Сынок Жана-Гю медленно вышагивает за гробом, успевая поворачивать голову направо и налево, чтобы кивнуть или подмигнуть всем своим приятелям. У левого переднего носильщика развязался шнурок – я жадно жду, что будет, но все обходится. Когда лакированный сундук проплывает мимо Одили, она краснеет и отворачивается – увы, причина мне известна.
«Трианон» плавно приземляется на козлы. Бюньяровские работники раскладывают сверху несколько венков для красоты и удаляются в боковой придел.
В часовне появляется Альфонс. А то я уж начал беспокоиться. Запыхавшись, он катит перед собой инвалидную коляску. Вот не знал, что, кроме нас, у него есть кто-то из близких. Он пристраивает своего инвалида около кропильницы – мои теща с тестем освободили место, переместившись в первый ряд – и заботливо вытирает своим носовым платком стекающую у него изо рта слюну.
Кюре вздевает на нос очки, наклоняется над магнитофоном и включает Баха. Левая половина крыши начала протекать, люди жмутся и уворачиваются от капель, раскачиваясь совсем не в такт органным переливам. Кюре, видя это, указывает им на сухие места в правой стороне, однако там все занято – многие сообразили заранее. Заорал чей-то ребенок. Генеральша Добрэ клюет носом. Месье Рюмийо роняет приличествующую случаю слезу, стараясь попасть в объектив фотокорреспондента. Директор водолечебницы, человек занятой, прикрываясь молитвенником, заглядывает в электронный блокнот.
– Что мне тут делать? – дряблым голоском спрашивает гость в коляске.
Альфонс наклоняется к нему и шепчет на ухо:
– Разве вы не узнаете? Это же Жак Лормо, выпуск семьдесят седьмого года, семнадцать с половиной баллов по французскому и четырнадцать по латыни!

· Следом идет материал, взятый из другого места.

-- ===== src/Gemini/Ending.antt =====
-- provider/gemini/gemini.go: how the stream of parseStream ends.
use rho_llm.Base.{ℕ, ◌≡◌, refl, Text, Bool, true, false, Option, none, some, List, [], ◌∷◌, arith}
use rho_llm.Errors.{GoError}
use rho_llm.Stream.Terminal.{
  ends_once, none_final, Rounded, Rounded-behind, Rounded-bind, Rounded-ends_once,
}
use rho_llm.Gemini.{
  GeminiPart, GeminiEvent, skipped, malformed, response, GeminiEmit, content, thinking, tool_use,
  done, error_item, GeminiState, gemini_state, with_metadata, part_text, done_of, part_call,
  add_parts, finish_candidate, gemini_step, gemini_ended, then_gemini, parse_gemini_from,
  parse_gemini,
}

-- EventDone, which is the only item that ends the turn without an error.
abbrev pub is_gemini_done : GeminiEmit → Bool
is_gemini_done (done reason raw input output thoughts cached) = true
is_gemini_done (content t) = false
is_gemini_done (thinking t) = false
is_gemini_done (tool_use id name args signature) = false
is_gemini_done (error_item e) = false

abbrev pub is_gemini_failure : GeminiEmit → Bool
is_gemini_failure (error_item e) = true
is_gemini_failure (done reason raw input output thoughts cached) = false
is_gemini_failure (content t) = false
is_gemini_failure (thinking t) = false
is_gemini_failure (tool_use id name args signature) = false

abbrev Round : List GeminiEmit × Option GeminiState → Type 0
Round r = Rounded is_gemini_done is_gemini_failure r

part_text-quiet :
    (p : GeminiPart) → none_final is_gemini_done is_gemini_failure (part_text p) ≡ true
unfolding part_text none_final
part_text-quiet p = ground arith

module _ (limit : ℕ) where
  part_call-Round :
      (c : Option (Text × Text)) (signature : Text) (s : GeminiState)
      → Round (part_call limit c signature s)
  unfolding part_call Rounded ends_once none_final
  part_call-Round none signature s = refl
  part_call-Round (some (name, args)) signature s = ground arith

  add_parts-Round : (ps : List GeminiPart) (s : GeminiState) → Round (add_parts limit ps s)
  unfolding add_parts Rounded none_final
  add_parts-Round [] s = refl
  add_parts-Round (p ∷ ps) s =
      Rounded-behind is_gemini_done is_gemini_failure (part_text p) _ (part_text-quiet p) (
        Rounded-bind is_gemini_done is_gemini_failure
          (part_call limit p.function_call p.thought_signature s) _
          (part_call-Round p.function_call p.thought_signature s) (add_parts-Round ps))

  finish_candidate-Round :
      (reason : Text) (s : GeminiState) → Round (finish_candidate limit reason s)
  unfolding finish_candidate Rounded ends_once none_final done_of
  finish_candidate-Round reason s = ground arith

  gemini_step-Round : (s : GeminiState) (ev : GeminiEvent) → Round (gemini_step limit s ev)
  unfolding gemini_step Rounded none_final
  gemini_step-Round s skipped = refl
  gemini_step-Round s (malformed e) = refl
  gemini_step-Round s (response [] usage) = refl
  gemini_step-Round s (response (c ∷ cs) usage) =
      Rounded-bind is_gemini_done is_gemini_failure
        (add_parts limit c.parts_of (with_metadata usage s)) _
        (add_parts-Round c.parts_of (with_metadata usage s))
        (finish_candidate-Round c.finish_reason)

  ends_once-parse_gemini_from :
      (read_error : Option GoError) (s : GeminiState) (evs : List GeminiEvent)
      → ends_once is_gemini_done is_gemini_failure (parse_gemini_from limit read_error s evs) ≡ true
  unfolding parse_gemini_from gemini_ended ends_once
  ends_once-parse_gemini_from none s [] = refl
  ends_once-parse_gemini_from (some e) s [] = refl
  ends_once-parse_gemini_from r s (ev ∷ evs) =
      Rounded-ends_once is_gemini_done is_gemini_failure (gemini_step limit s ev)
        (λ o. then_gemini limit o (λ s'. parse_gemini_from limit r s' evs)) (gemini_step-Round s ev)
        refl (λ s'. ends_once-parse_gemini_from r s' evs)

  -- Whatever lines the server sends, parseStream yields one EventDone or one error at its end, and no
  -- EventDone before it.
  pub ends_once-parse_gemini :
      (read_error : Option GoError) (evs : List GeminiEvent)
      → ends_once is_gemini_done is_gemini_failure (parse_gemini limit read_error evs) ≡ true
  unfolding parse_gemini
  ends_once-parse_gemini r evs = ends_once-parse_gemini_from r gemini_state evs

Боже мой! Это месье Мину! Гроза всей школы… Монтерлановская осанка, негнущаяся нога и грохочущая по каменному полу подкованная железом палка. Во что он превратился! Право, иногда стоит умереть пораньше из простого человеколюбия…
– Четырнадцать по латыни, – механически повторяет старый учитель.
Насколько я понимаю, Альфонс нарочно вытащил его из богадельни и привез сюда, чтобы у меня на похоронах, кроме собратьев по торговому цеху Экса, присутствовал свидетель моих блестящих успехов в науках, которые, пойди я по материнским стопам, открыли бы мне дорогу в университет. Не могу передать, до чего меня тронуло такое отношение. Для Альфонса мои возможности не исчерпывались витринами и картинами. Он принимал в расчет потенциальные пути, на которые я не осмелился ступить. Сегодня все шоры спали: робость, лень, страх потерять свободу, – и неосуществленное будущее уравнивается в правах с настоящим. Вряд ли кто-нибудь понял порыв Альфонса, но мне он от этого еще дороже.
– Это надолго? – забеспокоился месье Мину.
– Ему так приятно, что вы пришли. Он так часто вас вспоминал.
– Тише вы! – шипит на Альфонса соседка.
– Я близкий родственник, – возражает он.
Из того, что он шепчет на ухо месье Мину, я понимаю, что он регулярно навешает инвалида и держит его в курсе поэтической жизни города. Когда-то именно Мину, с которым Альфонс познакомился в школе, на родительских собраниях, ввел его в Комитет друзей Ламартина. Благодаря ему он может, предъявляя визитку, гордо представляться пациенткам и служащим водолечебницы: «От меня отказались родители, зато я признан общественно полезным».